_EXERCISE DETAILS_
Of the lines below, write out exactly those from the line with "in_any x [] = false" through the line with "has the rows of any of the lists.", both included, and skip the rest.

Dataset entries
□ □ □ □ □ □ □

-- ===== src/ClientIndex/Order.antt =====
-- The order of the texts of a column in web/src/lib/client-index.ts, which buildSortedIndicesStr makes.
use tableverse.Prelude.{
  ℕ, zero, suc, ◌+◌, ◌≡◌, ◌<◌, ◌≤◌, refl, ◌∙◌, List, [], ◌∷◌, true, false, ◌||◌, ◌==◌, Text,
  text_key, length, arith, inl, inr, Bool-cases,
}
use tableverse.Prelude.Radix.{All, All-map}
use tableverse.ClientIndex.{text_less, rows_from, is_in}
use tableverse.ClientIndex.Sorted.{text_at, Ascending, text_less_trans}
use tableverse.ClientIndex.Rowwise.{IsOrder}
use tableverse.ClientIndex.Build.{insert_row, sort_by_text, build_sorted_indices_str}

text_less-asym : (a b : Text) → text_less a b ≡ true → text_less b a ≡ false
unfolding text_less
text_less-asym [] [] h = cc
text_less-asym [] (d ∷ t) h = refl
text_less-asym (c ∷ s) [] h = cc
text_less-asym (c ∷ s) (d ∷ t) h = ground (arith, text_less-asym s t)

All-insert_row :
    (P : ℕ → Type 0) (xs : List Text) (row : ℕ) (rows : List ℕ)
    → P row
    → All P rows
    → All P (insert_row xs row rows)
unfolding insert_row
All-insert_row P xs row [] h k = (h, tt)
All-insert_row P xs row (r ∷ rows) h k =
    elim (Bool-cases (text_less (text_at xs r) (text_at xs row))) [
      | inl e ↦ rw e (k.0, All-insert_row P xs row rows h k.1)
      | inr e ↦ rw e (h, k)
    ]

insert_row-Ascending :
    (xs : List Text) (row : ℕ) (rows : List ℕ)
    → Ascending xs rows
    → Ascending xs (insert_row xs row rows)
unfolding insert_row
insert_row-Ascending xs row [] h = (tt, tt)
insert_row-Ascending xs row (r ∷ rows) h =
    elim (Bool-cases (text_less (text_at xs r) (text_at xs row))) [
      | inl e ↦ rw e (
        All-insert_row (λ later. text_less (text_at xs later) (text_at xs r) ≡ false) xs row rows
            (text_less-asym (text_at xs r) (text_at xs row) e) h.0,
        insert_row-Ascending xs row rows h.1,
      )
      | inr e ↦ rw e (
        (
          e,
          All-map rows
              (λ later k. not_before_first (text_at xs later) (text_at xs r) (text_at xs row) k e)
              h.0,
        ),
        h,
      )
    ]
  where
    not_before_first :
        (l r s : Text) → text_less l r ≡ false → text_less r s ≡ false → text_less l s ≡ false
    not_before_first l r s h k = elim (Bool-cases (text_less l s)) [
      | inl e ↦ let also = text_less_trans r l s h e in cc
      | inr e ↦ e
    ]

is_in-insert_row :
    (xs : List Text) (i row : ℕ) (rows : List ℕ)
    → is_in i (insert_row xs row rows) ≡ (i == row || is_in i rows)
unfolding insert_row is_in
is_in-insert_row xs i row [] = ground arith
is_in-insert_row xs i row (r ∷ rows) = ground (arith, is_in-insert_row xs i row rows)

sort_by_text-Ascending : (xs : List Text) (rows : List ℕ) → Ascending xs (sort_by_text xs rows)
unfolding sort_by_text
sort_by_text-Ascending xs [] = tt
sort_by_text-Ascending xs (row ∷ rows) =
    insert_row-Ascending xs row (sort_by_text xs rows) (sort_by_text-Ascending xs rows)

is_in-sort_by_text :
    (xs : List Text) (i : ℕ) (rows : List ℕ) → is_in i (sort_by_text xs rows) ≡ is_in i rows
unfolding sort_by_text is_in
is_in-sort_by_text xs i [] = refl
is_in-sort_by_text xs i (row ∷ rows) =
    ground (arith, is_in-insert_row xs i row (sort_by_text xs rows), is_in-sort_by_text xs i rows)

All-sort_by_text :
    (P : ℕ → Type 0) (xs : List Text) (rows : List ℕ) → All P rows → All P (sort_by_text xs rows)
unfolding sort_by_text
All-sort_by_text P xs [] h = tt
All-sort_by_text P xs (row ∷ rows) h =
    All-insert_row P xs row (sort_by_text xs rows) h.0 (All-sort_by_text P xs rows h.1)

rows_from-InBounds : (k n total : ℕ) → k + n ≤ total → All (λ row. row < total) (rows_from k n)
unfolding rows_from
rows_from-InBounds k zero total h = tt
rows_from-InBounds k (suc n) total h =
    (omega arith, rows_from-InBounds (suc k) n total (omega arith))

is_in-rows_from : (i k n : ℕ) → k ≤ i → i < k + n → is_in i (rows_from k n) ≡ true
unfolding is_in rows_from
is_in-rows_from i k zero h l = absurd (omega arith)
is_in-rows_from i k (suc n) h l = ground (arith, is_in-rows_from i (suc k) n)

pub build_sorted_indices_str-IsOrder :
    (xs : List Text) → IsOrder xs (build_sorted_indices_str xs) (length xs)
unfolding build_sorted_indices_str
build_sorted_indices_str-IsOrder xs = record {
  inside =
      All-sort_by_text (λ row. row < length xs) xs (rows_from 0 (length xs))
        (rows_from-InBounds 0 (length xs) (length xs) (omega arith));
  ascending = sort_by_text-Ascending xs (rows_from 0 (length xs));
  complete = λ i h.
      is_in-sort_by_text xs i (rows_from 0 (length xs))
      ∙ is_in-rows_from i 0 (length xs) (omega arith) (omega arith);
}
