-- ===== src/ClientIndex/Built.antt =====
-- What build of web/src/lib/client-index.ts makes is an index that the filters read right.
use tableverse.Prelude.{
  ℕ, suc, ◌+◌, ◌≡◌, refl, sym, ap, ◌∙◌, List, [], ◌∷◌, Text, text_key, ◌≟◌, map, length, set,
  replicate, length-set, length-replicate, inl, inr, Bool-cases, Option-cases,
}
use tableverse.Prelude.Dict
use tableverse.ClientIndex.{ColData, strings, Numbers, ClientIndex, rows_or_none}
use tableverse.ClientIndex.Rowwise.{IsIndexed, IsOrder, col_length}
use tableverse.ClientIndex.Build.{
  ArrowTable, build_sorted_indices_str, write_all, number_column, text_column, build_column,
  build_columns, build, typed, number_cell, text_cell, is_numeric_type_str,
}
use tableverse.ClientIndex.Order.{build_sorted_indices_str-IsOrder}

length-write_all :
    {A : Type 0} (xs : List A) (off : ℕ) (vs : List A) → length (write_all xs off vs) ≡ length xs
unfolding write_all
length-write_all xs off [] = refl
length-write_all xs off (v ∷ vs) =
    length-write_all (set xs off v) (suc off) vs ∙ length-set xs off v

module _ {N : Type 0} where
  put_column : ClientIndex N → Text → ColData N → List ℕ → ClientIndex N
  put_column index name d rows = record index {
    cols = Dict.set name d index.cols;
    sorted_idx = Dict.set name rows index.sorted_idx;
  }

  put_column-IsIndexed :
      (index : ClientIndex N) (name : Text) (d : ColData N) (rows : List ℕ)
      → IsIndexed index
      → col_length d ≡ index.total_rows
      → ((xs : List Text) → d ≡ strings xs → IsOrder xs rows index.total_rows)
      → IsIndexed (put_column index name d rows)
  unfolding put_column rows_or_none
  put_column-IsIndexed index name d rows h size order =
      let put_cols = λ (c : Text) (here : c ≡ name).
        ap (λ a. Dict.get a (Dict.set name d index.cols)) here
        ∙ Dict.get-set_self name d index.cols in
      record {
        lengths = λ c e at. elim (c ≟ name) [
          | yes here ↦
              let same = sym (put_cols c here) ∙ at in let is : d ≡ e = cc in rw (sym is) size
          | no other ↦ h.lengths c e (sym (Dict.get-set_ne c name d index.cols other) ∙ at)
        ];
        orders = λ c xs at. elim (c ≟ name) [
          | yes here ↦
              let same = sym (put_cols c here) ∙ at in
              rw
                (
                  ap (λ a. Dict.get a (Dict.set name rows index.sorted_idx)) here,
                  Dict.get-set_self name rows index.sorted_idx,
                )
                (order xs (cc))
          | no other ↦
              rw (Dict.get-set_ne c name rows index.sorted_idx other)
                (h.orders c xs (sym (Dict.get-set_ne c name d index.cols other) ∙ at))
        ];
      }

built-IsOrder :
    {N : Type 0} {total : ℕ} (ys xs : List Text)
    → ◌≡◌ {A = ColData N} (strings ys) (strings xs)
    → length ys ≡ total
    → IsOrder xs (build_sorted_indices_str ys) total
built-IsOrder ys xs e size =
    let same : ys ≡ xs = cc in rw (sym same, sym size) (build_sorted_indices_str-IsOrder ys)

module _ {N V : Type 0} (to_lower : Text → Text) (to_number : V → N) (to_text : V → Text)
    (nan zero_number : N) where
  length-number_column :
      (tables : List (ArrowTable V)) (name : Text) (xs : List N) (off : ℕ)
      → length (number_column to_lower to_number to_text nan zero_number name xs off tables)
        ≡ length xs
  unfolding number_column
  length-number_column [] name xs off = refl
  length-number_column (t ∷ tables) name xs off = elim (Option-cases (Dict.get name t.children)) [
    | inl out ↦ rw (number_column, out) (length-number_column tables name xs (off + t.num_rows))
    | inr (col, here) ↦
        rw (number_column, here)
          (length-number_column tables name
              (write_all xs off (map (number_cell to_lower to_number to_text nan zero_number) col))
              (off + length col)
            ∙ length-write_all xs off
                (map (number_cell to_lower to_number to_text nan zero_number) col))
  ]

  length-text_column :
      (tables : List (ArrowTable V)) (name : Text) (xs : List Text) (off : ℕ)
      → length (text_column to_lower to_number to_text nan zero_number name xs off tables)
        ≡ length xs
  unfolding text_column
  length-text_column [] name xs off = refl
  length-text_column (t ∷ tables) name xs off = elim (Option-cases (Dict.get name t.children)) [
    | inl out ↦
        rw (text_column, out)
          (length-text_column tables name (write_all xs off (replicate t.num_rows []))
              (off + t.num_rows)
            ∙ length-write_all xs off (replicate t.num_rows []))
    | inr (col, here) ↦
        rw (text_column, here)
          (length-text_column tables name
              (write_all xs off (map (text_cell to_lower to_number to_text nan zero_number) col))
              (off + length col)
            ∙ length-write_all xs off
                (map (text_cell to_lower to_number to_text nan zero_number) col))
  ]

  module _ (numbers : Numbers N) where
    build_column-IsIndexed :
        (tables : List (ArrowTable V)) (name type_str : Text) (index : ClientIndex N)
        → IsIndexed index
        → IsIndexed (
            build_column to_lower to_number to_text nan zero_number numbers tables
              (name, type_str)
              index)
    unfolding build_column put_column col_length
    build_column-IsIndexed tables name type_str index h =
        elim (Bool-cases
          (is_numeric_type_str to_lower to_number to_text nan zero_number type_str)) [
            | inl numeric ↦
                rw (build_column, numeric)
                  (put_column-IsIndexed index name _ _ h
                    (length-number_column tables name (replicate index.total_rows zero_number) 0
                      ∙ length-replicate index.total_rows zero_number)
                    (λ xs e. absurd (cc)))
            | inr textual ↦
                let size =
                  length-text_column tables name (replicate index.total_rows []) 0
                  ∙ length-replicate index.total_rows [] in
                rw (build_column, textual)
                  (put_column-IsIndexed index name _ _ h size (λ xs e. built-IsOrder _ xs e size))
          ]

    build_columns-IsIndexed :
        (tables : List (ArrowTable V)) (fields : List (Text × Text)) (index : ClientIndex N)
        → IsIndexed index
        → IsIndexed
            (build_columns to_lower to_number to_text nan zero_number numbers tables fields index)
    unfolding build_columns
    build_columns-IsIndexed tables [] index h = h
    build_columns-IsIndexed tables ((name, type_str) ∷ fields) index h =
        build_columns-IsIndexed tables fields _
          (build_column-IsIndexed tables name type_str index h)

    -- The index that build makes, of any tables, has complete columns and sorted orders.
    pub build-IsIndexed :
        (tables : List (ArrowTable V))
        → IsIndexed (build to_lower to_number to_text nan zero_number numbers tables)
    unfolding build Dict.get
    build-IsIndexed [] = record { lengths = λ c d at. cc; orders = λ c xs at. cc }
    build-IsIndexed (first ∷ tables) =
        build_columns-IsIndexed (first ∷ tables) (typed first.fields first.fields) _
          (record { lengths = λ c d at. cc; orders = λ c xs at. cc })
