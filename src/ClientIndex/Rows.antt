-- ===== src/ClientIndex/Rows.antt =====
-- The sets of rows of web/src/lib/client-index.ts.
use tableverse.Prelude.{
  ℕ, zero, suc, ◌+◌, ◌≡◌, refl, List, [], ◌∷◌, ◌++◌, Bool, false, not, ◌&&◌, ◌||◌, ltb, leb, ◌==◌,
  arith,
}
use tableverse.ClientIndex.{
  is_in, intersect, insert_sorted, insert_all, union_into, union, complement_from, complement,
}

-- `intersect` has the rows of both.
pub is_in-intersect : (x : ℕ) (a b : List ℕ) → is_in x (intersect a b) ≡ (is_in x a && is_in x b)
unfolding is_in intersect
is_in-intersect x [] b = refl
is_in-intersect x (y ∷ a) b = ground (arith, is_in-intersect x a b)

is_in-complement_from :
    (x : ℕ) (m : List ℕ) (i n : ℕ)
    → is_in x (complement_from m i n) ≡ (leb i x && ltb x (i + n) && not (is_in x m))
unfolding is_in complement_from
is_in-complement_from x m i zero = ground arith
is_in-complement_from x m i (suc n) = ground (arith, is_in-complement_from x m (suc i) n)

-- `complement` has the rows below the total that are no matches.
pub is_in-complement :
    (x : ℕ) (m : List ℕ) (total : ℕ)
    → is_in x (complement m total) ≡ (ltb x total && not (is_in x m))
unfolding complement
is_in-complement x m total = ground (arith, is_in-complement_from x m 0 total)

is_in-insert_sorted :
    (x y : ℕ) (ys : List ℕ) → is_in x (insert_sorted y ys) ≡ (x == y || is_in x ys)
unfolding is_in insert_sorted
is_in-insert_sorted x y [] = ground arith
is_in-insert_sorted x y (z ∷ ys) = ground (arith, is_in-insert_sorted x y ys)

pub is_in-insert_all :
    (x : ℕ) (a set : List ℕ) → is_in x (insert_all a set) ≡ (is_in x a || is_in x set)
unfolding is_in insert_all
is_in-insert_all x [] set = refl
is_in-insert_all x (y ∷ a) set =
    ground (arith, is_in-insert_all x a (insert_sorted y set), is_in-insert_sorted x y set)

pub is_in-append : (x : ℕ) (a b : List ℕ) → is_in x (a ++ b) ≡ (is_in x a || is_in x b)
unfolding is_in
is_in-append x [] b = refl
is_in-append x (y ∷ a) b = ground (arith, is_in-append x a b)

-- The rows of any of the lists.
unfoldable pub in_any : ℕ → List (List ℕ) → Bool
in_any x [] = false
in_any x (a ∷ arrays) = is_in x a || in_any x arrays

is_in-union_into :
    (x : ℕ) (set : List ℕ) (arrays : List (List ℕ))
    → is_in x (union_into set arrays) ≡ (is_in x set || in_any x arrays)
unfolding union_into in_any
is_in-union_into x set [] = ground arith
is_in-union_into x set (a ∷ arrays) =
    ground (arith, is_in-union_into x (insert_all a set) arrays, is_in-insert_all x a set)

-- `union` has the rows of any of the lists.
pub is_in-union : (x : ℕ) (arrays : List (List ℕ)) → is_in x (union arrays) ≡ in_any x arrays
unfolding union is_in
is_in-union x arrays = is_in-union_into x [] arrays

□ □ □ □ □ □ □

_EXERCISE ANSWER_
in_any x [] = false
in_any x (a ∷ arrays) = is_in x a || in_any x arrays

is_in-union_into :
    (x : ℕ) (set : List ℕ) (arrays : List (List ℕ))
    → is_in x (union_into set arrays) ≡ (is_in x set || in_any x arrays)
unfolding union_into in_any
is_in-union_into x set [] = ground arith
is_in-union_into x set (a ∷ arrays) =
    ground (arith, is_in-union_into x (insert_all a set) arrays, is_in-insert_all x a set)

-- `union` has the rows of any of the lists.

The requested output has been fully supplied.